--- Input records ---
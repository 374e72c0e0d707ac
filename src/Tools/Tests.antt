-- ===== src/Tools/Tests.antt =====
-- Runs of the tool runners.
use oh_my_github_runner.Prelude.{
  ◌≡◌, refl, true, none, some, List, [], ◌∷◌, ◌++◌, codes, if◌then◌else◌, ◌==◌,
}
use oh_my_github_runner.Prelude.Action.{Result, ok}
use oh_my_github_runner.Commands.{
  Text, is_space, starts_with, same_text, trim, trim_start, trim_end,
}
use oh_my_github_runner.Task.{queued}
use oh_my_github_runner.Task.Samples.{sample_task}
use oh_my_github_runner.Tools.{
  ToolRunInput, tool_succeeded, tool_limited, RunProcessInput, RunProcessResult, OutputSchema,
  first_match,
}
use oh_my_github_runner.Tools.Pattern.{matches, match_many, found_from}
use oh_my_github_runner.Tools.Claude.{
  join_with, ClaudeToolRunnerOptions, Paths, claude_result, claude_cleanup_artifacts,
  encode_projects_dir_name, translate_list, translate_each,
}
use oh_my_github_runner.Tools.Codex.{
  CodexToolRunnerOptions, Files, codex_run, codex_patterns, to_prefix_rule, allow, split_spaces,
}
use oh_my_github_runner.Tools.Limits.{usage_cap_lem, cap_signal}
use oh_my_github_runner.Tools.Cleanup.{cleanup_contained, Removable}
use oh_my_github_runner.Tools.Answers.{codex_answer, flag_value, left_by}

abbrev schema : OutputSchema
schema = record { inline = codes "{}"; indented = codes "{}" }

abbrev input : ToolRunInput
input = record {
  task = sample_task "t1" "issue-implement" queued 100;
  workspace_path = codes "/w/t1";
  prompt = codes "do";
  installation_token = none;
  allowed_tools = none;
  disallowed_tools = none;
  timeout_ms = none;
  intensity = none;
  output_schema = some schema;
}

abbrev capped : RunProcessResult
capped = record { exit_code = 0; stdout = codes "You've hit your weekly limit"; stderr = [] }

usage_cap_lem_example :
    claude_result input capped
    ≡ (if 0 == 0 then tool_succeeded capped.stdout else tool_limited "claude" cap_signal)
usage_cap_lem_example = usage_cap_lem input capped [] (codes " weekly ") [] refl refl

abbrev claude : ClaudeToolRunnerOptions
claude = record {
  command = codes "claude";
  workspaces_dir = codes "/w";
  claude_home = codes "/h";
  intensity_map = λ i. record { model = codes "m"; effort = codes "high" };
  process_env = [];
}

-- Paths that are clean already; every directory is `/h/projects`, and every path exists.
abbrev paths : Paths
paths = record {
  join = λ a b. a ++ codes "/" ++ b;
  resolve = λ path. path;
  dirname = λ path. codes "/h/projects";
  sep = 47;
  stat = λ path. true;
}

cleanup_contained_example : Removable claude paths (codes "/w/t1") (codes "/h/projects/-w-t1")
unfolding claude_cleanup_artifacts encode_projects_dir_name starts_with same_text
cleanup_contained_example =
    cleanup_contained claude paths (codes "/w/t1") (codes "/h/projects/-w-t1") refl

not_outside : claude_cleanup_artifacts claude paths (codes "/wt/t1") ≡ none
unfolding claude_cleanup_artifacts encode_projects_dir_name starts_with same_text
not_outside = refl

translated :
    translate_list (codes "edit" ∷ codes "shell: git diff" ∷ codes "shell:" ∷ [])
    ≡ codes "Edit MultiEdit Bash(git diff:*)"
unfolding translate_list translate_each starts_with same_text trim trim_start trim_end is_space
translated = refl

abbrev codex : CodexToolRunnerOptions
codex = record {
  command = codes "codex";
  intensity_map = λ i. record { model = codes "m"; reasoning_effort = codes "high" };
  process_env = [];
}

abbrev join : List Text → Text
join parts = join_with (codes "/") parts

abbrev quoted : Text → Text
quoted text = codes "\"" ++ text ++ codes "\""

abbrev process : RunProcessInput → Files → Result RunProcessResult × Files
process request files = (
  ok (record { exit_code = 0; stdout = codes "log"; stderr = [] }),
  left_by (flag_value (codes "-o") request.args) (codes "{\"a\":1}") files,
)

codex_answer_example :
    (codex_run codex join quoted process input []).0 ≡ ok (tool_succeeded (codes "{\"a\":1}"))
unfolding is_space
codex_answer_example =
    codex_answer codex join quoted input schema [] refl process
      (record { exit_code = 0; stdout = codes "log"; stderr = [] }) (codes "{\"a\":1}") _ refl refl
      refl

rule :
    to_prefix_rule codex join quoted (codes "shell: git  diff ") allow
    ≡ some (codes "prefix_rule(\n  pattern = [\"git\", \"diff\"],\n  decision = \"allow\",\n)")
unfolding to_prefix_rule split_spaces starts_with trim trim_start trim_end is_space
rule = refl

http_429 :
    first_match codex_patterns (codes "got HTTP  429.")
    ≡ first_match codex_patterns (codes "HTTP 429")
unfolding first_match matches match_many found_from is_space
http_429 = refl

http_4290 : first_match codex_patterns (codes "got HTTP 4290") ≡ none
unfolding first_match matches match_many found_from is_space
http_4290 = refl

--- What you will do ---
Each line of the material is to be returned precisely as written.

--- Problem solution ---
repository 374e72c0e0d707ac
filename src/Tools/Tests.antt
-- ===== src/Tools/Tests.antt =====
-- Runs of the tool runners.
use oh_my_github_runner.Prelude.{
  ◌≡◌, refl, true, none, some, List, [], ◌∷◌, ◌++◌, codes, if◌then◌else◌, ◌==◌,
}
use oh_my_github_runner.Prelude.Action.{Result, ok}
use oh_my_github_runner.Commands.{
  Text, is_space, starts_with, same_text, trim, trim_start, trim_end,
}
use oh_my_github_runner.Task.{queued}
use oh_my_github_runner.Task.Samples.{sample_task}
use oh_my_github_runner.Tools.{
  ToolRunInput, tool_succeeded, tool_limited, RunProcessInput, RunProcessResult, OutputSchema,
  first_match,
}
use oh_my_github_runner.Tools.Pattern.{matches, match_many, found_from}
use oh_my_github_runner.Tools.Claude.{
  join_with, ClaudeToolRunnerOptions, Paths, claude_result, claude_cleanup_artifacts,
  encode_projects_dir_name, translate_list, translate_each,
}
use oh_my_github_runner.Tools.Codex.{
  CodexToolRunnerOptions, Files, codex_run, codex_patterns, to_prefix_rule, allow, split_spaces,
}
use oh_my_github_runner.Tools.Limits.{usage_cap_lem, cap_signal}
use oh_my_github_runner.Tools.Cleanup.{cleanup_contained, Removable}
use oh_my_github_runner.Tools.Answers.{codex_answer, flag_value, left_by}

abbrev schema : OutputSchema
schema = record { inline = codes "{}"; indented = codes "{}" }

abbrev input : ToolRunInput
input = record {
  task = sample_task "t1" "issue-implement" queued 100;
  workspace_path = codes "/w/t1";
  prompt = codes "do";
  installation_token = none;
  allowed_tools = none;
  disallowed_tools = none;
  timeout_ms = none;
  intensity = none;
  output_schema = some schema;
}

abbrev capped : RunProcessResult
capped = record { exit_code = 0; stdout = codes "You've hit your weekly limit"; stderr = [] }

usage_cap_lem_example :
    claude_result input capped
    ≡ (if 0 == 0 then tool_succeeded capped.stdout else tool_limited "claude" cap_signal)
usage_cap_lem_example = usage_cap_lem input capped [] (codes " weekly ") [] refl refl

abbrev claude : ClaudeToolRunnerOptions
claude = record {
  command = codes "claude";
  workspaces_dir = codes "/w";
  claude_home = codes "/h";
  intensity_map = λ i. record { model = codes "m"; effort = codes "high" };
  process_env = [];
}

-- Paths that are clean already; every directory is `/h/projects`, and every path exists.
abbrev paths : Paths
paths = record {
  join = λ a b. a ++ codes "/" ++ b;
  resolve = λ path. path;
  dirname = λ path. codes "/h/projects";
  sep = 47;
  stat = λ path. true;
}

cleanup_contained_example : Removable claude paths (codes "/w/t1") (codes "/h/projects/-w-t1")
unfolding claude_cleanup_artifacts encode_projects_dir_name starts_with same_text
cleanup_contained_example =
    cleanup_contained claude paths (codes "/w/t1") (codes "/h/projects/-w-t1") refl

not_outside : claude_cleanup_artifacts claude paths (codes "/wt/t1") ≡ none
unfolding claude_cleanup_artifacts encode_projects_dir_name starts_with same_text
not_outside = refl

translated :
    translate_list (codes "edit" ∷ codes "shell: git diff" ∷ codes "shell:" ∷ [])
    ≡ codes "Edit MultiEdit Bash(git diff:*)"
unfolding translate_list translate_each starts_with same_text trim trim_start trim_end is_space
translated = refl

abbrev codex : CodexToolRunnerOptions
codex = record {
  command = codes "codex";
  intensity_map = λ i. record { model = codes "m"; reasoning_effort = codes "high" };
  process_env = [];
}

abbrev join : List Text → Text
join parts = join_with (codes "/") parts

abbrev quoted : Text → Text
quoted text = codes "\"" ++ text ++ codes "\""

abbrev process : RunProcessInput → Files → Result RunProcessResult × Files
process request files = (
  ok (record { exit_code = 0; stdout = codes "log"; stderr = [] }),
  left_by (flag_value (codes "-o") request.args) (codes "{\"a\":1}") files,
)

codex_answer_example :
    (codex_run codex join quoted process input []).0 ≡ ok (tool_succeeded (codes "{\"a\":1}"))
unfolding is_space
codex_answer_example =
    codex_answer codex join quoted input schema [] refl process
      (record { exit_code = 0; stdout = codes "log"; stderr = [] }) (codes "{\"a\":1}") _ refl refl
      refl

rule :
    to_prefix_rule codex join quoted (codes "shell: git  diff ") allow
    ≡ some (codes "prefix_rule(\n  pattern = [\"git\", \"diff\"],\n  decision = \"allow\",\n)")
unfolding to_prefix_rule split_spaces starts_with trim trim_start trim_end is_space
rule = refl

http_429 :
    first_match codex_patterns (codes "got HTTP  429.")
    ≡ first_match codex_patterns (codes "HTTP 429")
unfolding first_match matches match_many found_from is_space
http_429 = refl

http_4290 : first_match codex_patterns (codes "got HTTP 4290") ≡ none
unfolding first_match matches match_many found_from is_space
http_4290 = refl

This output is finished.